▶ [Task directions]: How many lines of the entries below contain the string "abbrev"? State the number alone.

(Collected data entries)

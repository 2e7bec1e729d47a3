-- ===== src/Gsm/Queue.antt =====
-- Messages that wait for a module: `gsm_send_text`, `gsm_send_pdu`, `gsm_send_ussd` and the
-- callbacks that send them later, of src/libgsmat/gsm.c. A message in memory is known by its place
-- in a list; memory is always there. The text and the identifier that a message carries for the
-- application are left out.
pub mod Later
use chan_extra.Prelude.{
  ℕ, zero, suc, ◌+◌, ◌-◌, ◌*◌, ◌/◌, ◌%◌, ◌^◌, Bool, true, false, not, ◌&&◌, ◌||◌, Option, none,
  some, List, [], ◌∷◌, ◌++◌, ltb, leb, ◌==◌, if◌then◌else◌, take, drop, bind, length, set, get_or,
  get_elem?,
}
use chan_extra.Sched.{gsm_schedule_check, gsm_schedule_event}
use chan_extra.Sms.Hex.{gsm_hex2int}
use chan_extra.Sms.Submit.{pdu_get_send_number}
use chan_extra.Gsm.Module.{
  Env, Gsm, Sending, SmsInfo, is_ready, module_send_pdu, module_send_text, module_send_ussd,
  refused, sending, undefined_command,
}

pub data Message : Type 0 where
  text_message pdu_message : SmsInfo → Message
  ussd_message : List ℕ → Message

-- The numbers of `gsm_resend_sms_txt`, `gsm_resend_sms_pdu` and `gsm_resend_ussd` in the table.
abbrev resend_sms_txt : ℕ
resend_sms_txt = 2

abbrev resend_sms_pdu : ℕ
resend_sms_pdu = 3

abbrev resend_ussd : ℕ
resend_ussd = 4

-- What the application asks for: `gsm_send_text` with a destination and a message, `gsm_send_pdu` or
-- `gsm_send_ussd` with a message.
pub data Request : Type 0 where
  text_request : List ℕ → List ℕ → Request
  pdu_request ussd_request : List ℕ → Request

-- A module and the messages in memory, `none` where one has been freed.
pub record Queue : Type 0 where
  pub gsm : Gsm
  pub heap : List (Option Message)

-- `refused_message` is the return of -1; `broken` is undefined.
pub data Queued : Type 0 where
  broken : Queued
  refused_message queued : Queue → Queued

-- The result of the module's function is not looked at.
unfoldable pub sent_module : Sending → Option Gsm
sent_module undefined_command = none
sent_module (refused g) = some g
sent_module (sending g) = some g

-- The message at a place; `none` where there is none any more.
unfoldable pub message_at : Queue → ℕ → Option Message
message_at q place = elim (get_elem? q.heap place) [ none ↦ none | some slot ↦ slot ]

module _ (env : Env) where
  -- A ready module is handed the message, which it keeps.
  unfoldable pub hand_message : Gsm → Message → Option Gsm
  unfolding sent_module module_send_text module_send_pdu module_send_ussd
  hand_message g (text_message info) =
      sent_module (module_send_text env (record g { sms_info = some info }) info.message)
  hand_message g (pdu_message info) =
      sent_module (module_send_pdu env (record g { sms_info = some info }) info.message)
  hand_message g (ussd_message text) =
      sent_module (module_send_ussd env (record g { ussd_info = some text }) text)

  -- The callback of this number is to send the message after two seconds; the message is freed when
  -- the table is full.
  unfoldable pub schedule_message : Queue → ℕ → ℕ → Queued
  schedule_message q callback place =
      let pool = q.gsm.pool in
      let (sched, id) = gsm_schedule_event pool.sched env.clock 2000 callback place in
      elim id [
        | none ↦ refused_message (record q { heap = set q.heap place none })
        | some i ↦ queued (record q { gsm = record q.gsm { pool = record pool { sched = sched } } })
      ]

  -- A message that is given to a module which is not ready waits; with a full table it stays in
  -- memory.
  unfoldable pub send_message : Queue → ℕ → Message → Queued
  unfolding is_ready
  send_message q callback message =
      let kept : Queue = record q { heap = q.heap ++ (some message ∷ []) } in
      if is_ready q.gsm.state
      then elim (hand_message q.gsm message) [
        | none ↦ broken
        | some g ↦ queued (record kept { gsm = g })
      ]
      else if not (gsm_schedule_check q.gsm.pool.sched)
      then refused_message kept
      else schedule_message kept callback (length q.heap)

  unfoldable pub gsm_send_text : Queue → List ℕ → List ℕ → Queued
  unfolding send_message
  gsm_send_text q destination message = send_message q resend_sms_txt (
      text_message
        (record { destination = take 512 destination; message = take 1024 message; len = 0 }))

  -- The length is that of the octets after the service centre's; it is not to be negative.
  unfoldable pub gsm_send_pdu : Queue → List ℕ → Queued
  unfolding send_message pdu_get_send_number gsm_hex2int
  gsm_send_pdu q message = send_message q resend_sms_pdu (
      pdu_message (record {
        destination = take 512 (pdu_get_send_number message);
        message = take 1024 message;
        len = length message / 2 - 1 - gsm_hex2int (take 2 message) 2;
      }))

  unfoldable pub gsm_send_ussd : Queue → List ℕ → Queued
  unfolding send_message
  gsm_send_ussd q message = send_message q resend_ussd (ussd_message (take 1024 message))

  unfoldable pub gsm_send : Queue → Request → Queued
  unfolding gsm_send_text gsm_send_pdu gsm_send_ussd
  gsm_send q (text_request destination message) = gsm_send_text q destination message
  gsm_send q (pdu_request message) = gsm_send_pdu q message
  gsm_send q (ussd_request message) = gsm_send_ussd q message

  -- What a callback does with the message at a place, where it is of its kind.
  unfoldable pub resend_message : Queue → ℕ → ℕ → Message → Queued
  unfolding is_ready
  resend_message q callback place message =
      if is_ready q.gsm.state
      then elim (hand_message q.gsm message) [
        | none ↦ broken
        | some g ↦ queued (record q { gsm = g })
      ]
      else schedule_message q callback place

  unfoldable pub gsm_resend_sms_txt : Queue → ℕ → Queued
  unfolding message_at resend_message
  gsm_resend_sms_txt q place = elim (message_at q place) [
    | none ↦ broken
    | some message ↦ elim message [
      | text_message info ↦ resend_message q resend_sms_txt place (text_message info)
      | pdu_message info ↦ broken
      | ussd_message text ↦ broken
    ]
  ]

  unfoldable pub gsm_resend_sms_pdu : Queue → ℕ → Queued
  unfolding message_at resend_message
  gsm_resend_sms_pdu q place = elim (message_at q place) [
    | none ↦ broken
    | some message ↦ elim message [
      | text_message info ↦ broken
      | pdu_message info ↦ resend_message q resend_sms_pdu place (pdu_message info)
      | ussd_message text ↦ broken
    ]
  ]

  unfoldable pub gsm_resend_ussd : Queue → ℕ → Queued
  unfolding message_at resend_message
  gsm_resend_ussd q place = elim (message_at q place) [
    | none ↦ broken
    | some message ↦ elim message [
      | text_message info ↦ broken
      | pdu_message info ↦ broken
      | ussd_message text ↦ resend_message q resend_ussd place (ussd_message text)
    ]
  ]

  -- The callback of a number is made with the place of a message.
  unfoldable pub run_callback : ℕ → Queue → ℕ → Queued
  unfolding gsm_resend_sms_txt gsm_resend_sms_pdu gsm_resend_ussd
  run_callback callback q place =
      if callback == resend_sms_txt
      then gsm_resend_sms_txt q place
      else if callback == resend_sms_pdu
      then gsm_resend_sms_pdu q place
      else if callback == resend_ussd
      then gsm_resend_ussd q place
      else broken
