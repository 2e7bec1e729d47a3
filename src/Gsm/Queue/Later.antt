-- ===== src/Gsm/Queue/Later.antt =====
-- A message that waits is sent as it would have been at once.
use chan_extra.Prelude.{
  ℕ, ◌≡◌, refl, true, false, some, List, [], ◌∷◌, ◌++◌, length, get_elem?, get_or, drop, ◌<◌,
  get_or-set_self, ◌∙◌, ◌/◌, ◌-◌, take,
}
use chan_extra.Sched.{deadline, find_free, gsm_schedule_check, gsm_schedule_event, empty_slot, Slot}
use chan_extra.Gsm.Module.{Env, Gsm, SmsInfo, is_ready}
use chan_extra.Sms.Hex.{gsm_hex2int}
use chan_extra.Sms.Submit.{pdu_get_send_number}
use chan_extra.Gsm.Queue.{
  Message, Queue, Request, gsm_resend_sms_pdu, gsm_resend_sms_txt, gsm_resend_ussd, gsm_send,
  gsm_send_pdu, gsm_send_text, gsm_send_ussd, pdu_message, message_at, pdu_request, queued,
  resend_message, run_callback, schedule_message, send_message, text_message, text_request,
  ussd_message, ussd_request,
}

get_elem-end : {A : Type 0} (xs : List A) (v : A) → get_elem? (xs ++ (v ∷ [])) (length xs) ≡ some v
get_elem-end [] v = refl
get_elem-end (x ∷ xs) v = get_elem-end xs v

-- The message waits in a slot of the table.
abbrev waiting : Env → Queue → ℕ → Message → Queue
waiting env q callback message =
    let pool = q.gsm.pool in
    let (sched, id) = gsm_schedule_event pool.sched env.clock 2000 callback (length q.heap) in
    record {
      gsm = record q.gsm { pool = record pool { sched = sched } };
      heap = q.heap ++ (some message ∷ []);
    }

waiting-message_at :
    (env : Env) (q : Queue) (callback : ℕ) (message : Message) (g : Gsm)
    → message_at (record (waiting env q callback message) { gsm = g }) (length q.heap)
      ≡ some message
unfolding message_at
waiting-message_at env q callback message g =
    rw (message_at, get_elem-end q.heap (some message)) refl

module _ (env : Env) (q : Queue) (callback : ℕ) (message : Message) (x : ℕ) where
  waits-send_message :
      is_ready q.gsm.state ≡ false
      → find_free (drop 1 q.gsm.pool.sched.slots) 1 ≡ some x
      → send_message env q callback message ≡ queued (waiting env q callback message)
  unfolding send_message schedule_message gsm_schedule_check gsm_schedule_event
  waits-send_message waits free =
      rw (send_message, waits, gsm_schedule_check, free, schedule_message, gsm_schedule_event, free)
        refl

  -- The slot is set as it is asked for.
  waiting-slot :
      find_free (drop 1 q.gsm.pool.sched.slots) 1 ≡ some x
      → x < length q.gsm.pool.sched.slots
      → get_or (waiting env q callback message).gsm.pool.sched.slots x empty_slot
        ≡ record { when = deadline env.clock 2000; callback = some callback; arg = length q.heap }
  unfolding gsm_schedule_event
  waiting-slot free inside =
      let slot : Slot = record {
        when = deadline env.clock 2000;
        callback = some callback;
        arg = length q.heap;
      } in
      let stored = get_or-set_self q.gsm.pool.sched.slots x slot empty_slot inside in
      rw (gsm_schedule_event, free, stored) refl

  -- A module that is ready gets the message as if it were given only now.
  resend_message-waiting :
      (g : Gsm)
      → is_ready g.state ≡ true
      → resend_message env
          (record (waiting env q callback message) { gsm = g })
          callback
          (length q.heap)
          message
        ≡ send_message env (record q { gsm = g }) callback message
  unfolding resend_message send_message
  resend_message-waiting g ready = rw (resend_message, send_message, ready) refl

-- The callbacks find the message of the kind that they are for.
run_callback-text :
    (env : Env) (q : Queue) (place : ℕ) (info : SmsInfo)
    → message_at q place ≡ some (text_message info)
    → run_callback env 2 q place ≡ resend_message env q 2 place (text_message info)
unfolding run_callback gsm_resend_sms_txt
run_callback-text env q place info there = rw (run_callback, gsm_resend_sms_txt, there) refl

run_callback-pdu :
    (env : Env) (q : Queue) (place : ℕ) (info : SmsInfo)
    → message_at q place ≡ some (pdu_message info)
    → run_callback env 3 q place ≡ resend_message env q 3 place (pdu_message info)
unfolding run_callback gsm_resend_sms_pdu
run_callback-pdu env q place info there = rw (run_callback, gsm_resend_sms_pdu, there) refl

run_callback-ussd :
    (env : Env) (q : Queue) (place : ℕ) (text : List ℕ)
    → message_at q place ≡ some (ussd_message text)
    → run_callback env 4 q place ≡ resend_message env q 4 place (ussd_message text)
unfolding run_callback gsm_resend_ussd
run_callback-ussd env q place text there = rw (run_callback, gsm_resend_ussd, there) refl

-- A request that comes to a module which is not ready, while the table has a free slot, is taken: the
-- first such slot is due after two seconds, with a callback and the message's place. When that callback is made
-- with that place and the module, whatever has become of it, is ready by then, it does what the
-- request would do if it came to the module only now, for a text, a PDU and a USSD alike.
pub run_callback-gsm_send :
    (env : Env) (q : Queue) (r : Request) (x : ℕ) (g : Gsm)
    → is_ready q.gsm.state ≡ false
    → find_free (drop 1 q.gsm.pool.sched.slots) 1 ≡ some x
    → x < length q.gsm.pool.sched.slots
    → is_ready g.state ≡ true
    → (q' : Queue) × (callback : ℕ) × (gsm_send env q r ≡ queued q')
      × (get_or q'.gsm.pool.sched.slots x empty_slot ≡ record {
        when = deadline env.clock 2000;
        callback = some callback;
        arg = length q.heap;
      })
      × (run_callback env callback (record q' { gsm = g }) (length q.heap)
          ≡ gsm_send env (record q { gsm = g }) r)
unfolding gsm_send gsm_send_text gsm_send_pdu gsm_send_ussd
run_callback-gsm_send env q (text_request destination text) x g waits free inside ready =
    let info : SmsInfo = record {
      destination = take 512 destination;
      message = take 1024 text;
      len = 0;
    } in
    let message = text_message info in
    let found = waiting-message_at env q 2 message g in
    (
      waiting env q 2 message,
      2,
      waits-send_message env q 2 message x waits free,
      waiting-slot env q 2 message x free inside,
      run_callback-text env (record (waiting env q 2 message) { gsm = g }) (length q.heap) info
            found
          ∙ resend_message-waiting env q 2 message x g ready,
    )
run_callback-gsm_send env q (pdu_request text) x g waits free inside ready =
    let info : SmsInfo = record {
      destination = take 512 (pdu_get_send_number text);
      message = take 1024 text;
      len = length text / 2 - 1 - gsm_hex2int (take 2 text) 2;
    } in
    let message = pdu_message info in
    let found = waiting-message_at env q 3 message g in
    (
      waiting env q 3 message,
      3,
      waits-send_message env q 3 message x waits free,
      waiting-slot env q 3 message x free inside,
      run_callback-pdu env (record (waiting env q 3 message) { gsm = g }) (length q.heap) info found
          ∙ resend_message-waiting env q 3 message x g ready,
    )
run_callback-gsm_send env q (ussd_request text) x g waits free inside ready =
    let message = ussd_message (take 1024 text) in
    let found = waiting-message_at env q 4 message g in
    (
      waiting env q 4 message,
      4,
      waits-send_message env q 4 message x waits free,
      waiting-slot env q 4 message x free inside,
      run_callback-ussd env (record (waiting env q 4 message) { gsm = g }) (length q.heap)
            (take 1024 text) found
          ∙ resend_message-waiting env q 4 message x g ready,
    )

▶ [Expected output]: 4